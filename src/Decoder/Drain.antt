-- ===== src/Decoder/Drain.antt =====
-- The loop of `drain` in src/leshper/decode.cpp ends, and what it keeps.
use lesh.Base.{
  find, ℕ, zero, suc, ◌+◌, ◌-◌, ◌≡◌, ◌≤◌, ◌⊎◌, inl, inr, refl, Bool, true, false, not, ◌||◌, [],
  ◌∷◌, ◌++◌, Bytes, drop, length, ◌==◌, min, Bool-cases, arith, length-drop, Option-cases,
}
use lesh.Utf8.{scan_scalar}
use lesh.Decoder.Keys.{plain}
use lesh.Decoder.{
  consume_one, consume_paste, paste_end_marker, kept, emit_text, consume, drain_loop, InputDecoder,
  drain, arm, feed, starts_with_escape,
}

-- Nothing is held, or the consumer in charge takes nothing of it.
abbrev IsStuck : Bool → Bytes → Bytes → Type 0
IsStuck pasting payload held = (held ≡ []) ⊎ ((consume pasting held payload).taken ≡ 0)

drain_loop-IsStuck :
    (f : ℕ) (pasting : Bool) (payload rest : Bytes)
    → length rest ≤ f
    → let after = drain_loop f pasting payload rest in
      IsStuck after.pasting after.payload after.held
unfolding drain_loop
drain_loop-IsStuck zero pasting payload [] l = inl refl
drain_loop-IsStuck zero pasting payload (c ∷ rest) l = elim l [ ]
drain_loop-IsStuck (suc f) pasting payload [] l = inl refl
drain_loop-IsStuck (suc f) pasting payload (c ∷ rest) l =
    let one = consume pasting (c ∷ rest) payload in
    elim (Bool-cases (one.taken == 0)) [
      | inl e ↦ rw e (inr (ground arith))
      | inr e ↦ rw e (
          drain_loop-IsStuck f one.pasting one.payload (drop one.taken (c ∷ rest))
            (ground (arith, length-drop one.taken (c ∷ rest))))
    ]

-- Whatever is fed, `feed` decodes all that it can.
feed-IsStuck :
    (d : InputDecoder) (bytes : Bytes) (now : ℕ)
    → let d' = (feed d bytes now).0 in IsStuck d'.pasting d'.payload d'.held
unfolding feed drain arm
feed-IsStuck d bytes now =
    let held = d.held ++ bytes in
    let after = drain_loop (length held) d.pasting d.payload held in
    let stuck = drain_loop-IsStuck (length held) d.pasting d.payload held (omega arith) in
    elim (Bool-cases (after.pasting || not (starts_with_escape after.held))) [
      | inl e ↦ rw e stuck
      | inr e ↦ rw e stuck
    ]

kept-le : (rest : Bytes) (keep : ℕ) → kept rest keep ≤ keep
unfolding kept
kept-le rest zero = omega arith
kept-le rest (suc keep) = ground (arith, kept-le rest keep)

consume_paste-held :
    (rest payload : Bytes) → (consume_paste rest payload).taken ≡ 0 → length rest ≤ 5
unfolding consume_paste
consume_paste-held rest payload h = elim (Option-cases (find paste_end_marker rest)) [
  | inl e ↦
      let k = kept-le rest (min (length rest) 5) in
      let h' : length rest - kept rest (min (length rest) 5) ≡ 0 = (rw e at h) in
      omega (arith, k, h')
  | inr (n, e) ↦ let h' : n + 6 ≡ 0 = (rw e at h) in omega (arith, h')
]

emit_text-held : (rest payload : Bytes) → (emit_text rest plain payload).taken ≡ 0 → length rest ≤ 3
unfolding emit_text scan_scalar
emit_text-held [] payload h = omega arith
emit_text-held (a ∷ []) payload h = omega arith
emit_text-held (a ∷ b ∷ []) payload h = omega arith
emit_text-held (a ∷ b ∷ c ∷ []) payload h = omega arith
emit_text-held (a ∷ b ∷ c ∷ d ∷ rest) payload h = ground arith

consume_one-held :
    (rest payload : Bytes)
    → starts_with_escape rest ≡ false
    → (consume_one rest payload).taken ≡ 0
    → length rest ≤ 3
unfolding consume_one
consume_one-held [] payload n h = omega arith
consume_one-held (c ∷ rest) payload n h = emit_text-held (c ∷ rest) payload (rw n at h)

IsStuck-held :
    (pasting : Bool) (payload held : Bytes)
    → (pasting || not (starts_with_escape held)) ≡ true
    → IsStuck pasting payload held
    → length held ≤ 5
IsStuck-held pasting payload held h (inl e) = rw e (omega arith)
IsStuck-held true payload held h (inr k) = consume_paste-held held payload k
IsStuck-held false payload held h (inr k) =
    omega (arith, consume_one-held held payload (ground arith) k)

-- Behind a `feed`, inside a paste or where no escape is held first, no more than five bytes wait.
pub feed-held :
    (d : InputDecoder) (bytes : Bytes) (now : ℕ)
    → let d' = (feed d bytes now).0 in
      (d'.pasting || not (starts_with_escape d'.held)) ≡ true → length d'.held ≤ 5
feed-held d bytes now h =
    let d' = (feed d bytes now).0 in
    IsStuck-held d'.pasting d'.payload d'.held h (feed-IsStuck d bytes now)
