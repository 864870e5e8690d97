-- ===== src/Utf8/Encode.antt =====
-- UTF-8 as RFC 3629 defines it, against which src/leshper/decode.cpp is read.
use lesh.Base.{ℕ, ◌+◌, ◌/◌, ◌%◌, ◌<◌, ◌≤◌, ◌⊎◌, [], ◌∷◌, ◌++◌, Bytes, ltb, if◌then◌else◌}

-- A code point that is no surrogate.
abbrev pub IsScalar : ℕ → Type 0
IsScalar c = (c < 55296) ⊎ ((57344 ≤ c) × (c < 1114112))

-- The bytes of a scalar.
abbrev pub encode : ℕ → Bytes
encode c =
    if ltb c 128
    then c ∷ []
    else if ltb c 2048
    then (192 + c / 64) ∷ (128 + c % 64) ∷ []
    else if ltb c 65536
    then (224 + c / 4096) ∷ (128 + c / 64 % 64) ∷ (128 + c % 64) ∷ []
    else (240 + c / 262144) ∷ (128 + c / 4096 % 64) ∷ (128 + c / 64 % 64) ∷ (128 + c % 64) ∷ []

-- A text of whole scalars.
pub data WellFormed : Bytes → Type 0 where
  done : WellFormed []
  char : (c : ℕ) {rest : Bytes} → IsScalar c → WellFormed rest → WellFormed (encode c ++ rest)
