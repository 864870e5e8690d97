-- ===== src/Utf8/Scan.antt =====
-- `scan_scalar` of src/leshper/decode.cpp against the definition of UTF-8.
use lesh.Base.{ℕ, ◌<◌, ◌≤◌, ◌≡◌, refl, false, [], ◌∷◌, ◌++◌, Bytes, drop, length, arith}
use lesh.Utf8.{scalar, scan_scalar}
use lesh.Utf8.Encode.{IsScalar, encode}

-- What was read whole, or refused, does not change when more bytes follow.
pub scan_scalar-append :
    (text more : Bytes)
    → (scan_scalar text).incomplete ≡ false
    → scan_scalar (text ++ more) ≡ scan_scalar text
unfolding scan_scalar
scan_scalar-append [] more h = ground arith
scan_scalar-append (a ∷ []) more h = ground arith
scan_scalar-append (a ∷ b ∷ []) more h = ground arith
scan_scalar-append (a ∷ b ∷ c ∷ []) more h = ground arith
scan_scalar-append (a ∷ b ∷ c ∷ d ∷ text) more h = refl

scan-one : (c : ℕ) (rest : Bytes) → c < 128 → scan_scalar (encode c ++ rest) ≡ scalar c 1
unfolding scan_scalar
scan-one c rest h = ground arith

scan-two : (c : ℕ) (rest : Bytes) → 128 ≤ c → c < 2048 → scan_scalar (encode c ++ rest) ≡ scalar c 2
unfolding scan_scalar
scan-two c rest l h = ground arith

scan-three :
    (c : ℕ) (rest : Bytes)
    → 2048 ≤ c
    → c < 65536
    → IsScalar c
    → scan_scalar (encode c ++ rest) ≡ scalar c 3
unfolding scan_scalar
scan-three c rest l h s = ground arith

scan-four :
    (c : ℕ) (rest : Bytes) → 65536 ≤ c → c < 1114112 → scan_scalar (encode c ++ rest) ≡ scalar c 4
unfolding scan_scalar
scan-four c rest l h = ground arith

-- The encoding of a scalar is read back as that scalar, in its whole length, whatever follows it.
pub scan_scalar-encode :
    (c : ℕ) (rest : Bytes)
    → IsScalar c
    → scan_scalar (encode c ++ rest) ≡ scalar c (length (encode c))
scan_scalar-encode c rest h =
    ground (arith, scan-one c rest, scan-two c rest, scan-three c rest, scan-four c rest)

-- What `scan_scalar` reads as a scalar is one, and starts with its encoding: no overlong form, no
-- surrogate and nothing above U+10FFFF is read.
pub scan_scalar_sound :
    (text : Bytes)
    → (scan_scalar text).incomplete ≡ false
    → (scan_scalar text).malformed ≡ false
    → let scan = scan_scalar text in
      IsScalar scan.codepoint
      × (text ≡ encode scan.codepoint ++ drop scan.length text)
      × (scan.length ≡ length (encode scan.codepoint))
unfolding scan_scalar
scan_scalar_sound [] i m = ground arith
scan_scalar_sound (a ∷ []) i m = ground arith
scan_scalar_sound (a ∷ b ∷ []) i m = ground arith
scan_scalar_sound (a ∷ b ∷ c ∷ []) i m = ground arith
scan_scalar_sound (a ∷ b ∷ c ∷ d ∷ text) i m = ground arith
★ ★ ★ ★
If a line in the entries above holds the word "plain", count it; then report the total alone.

2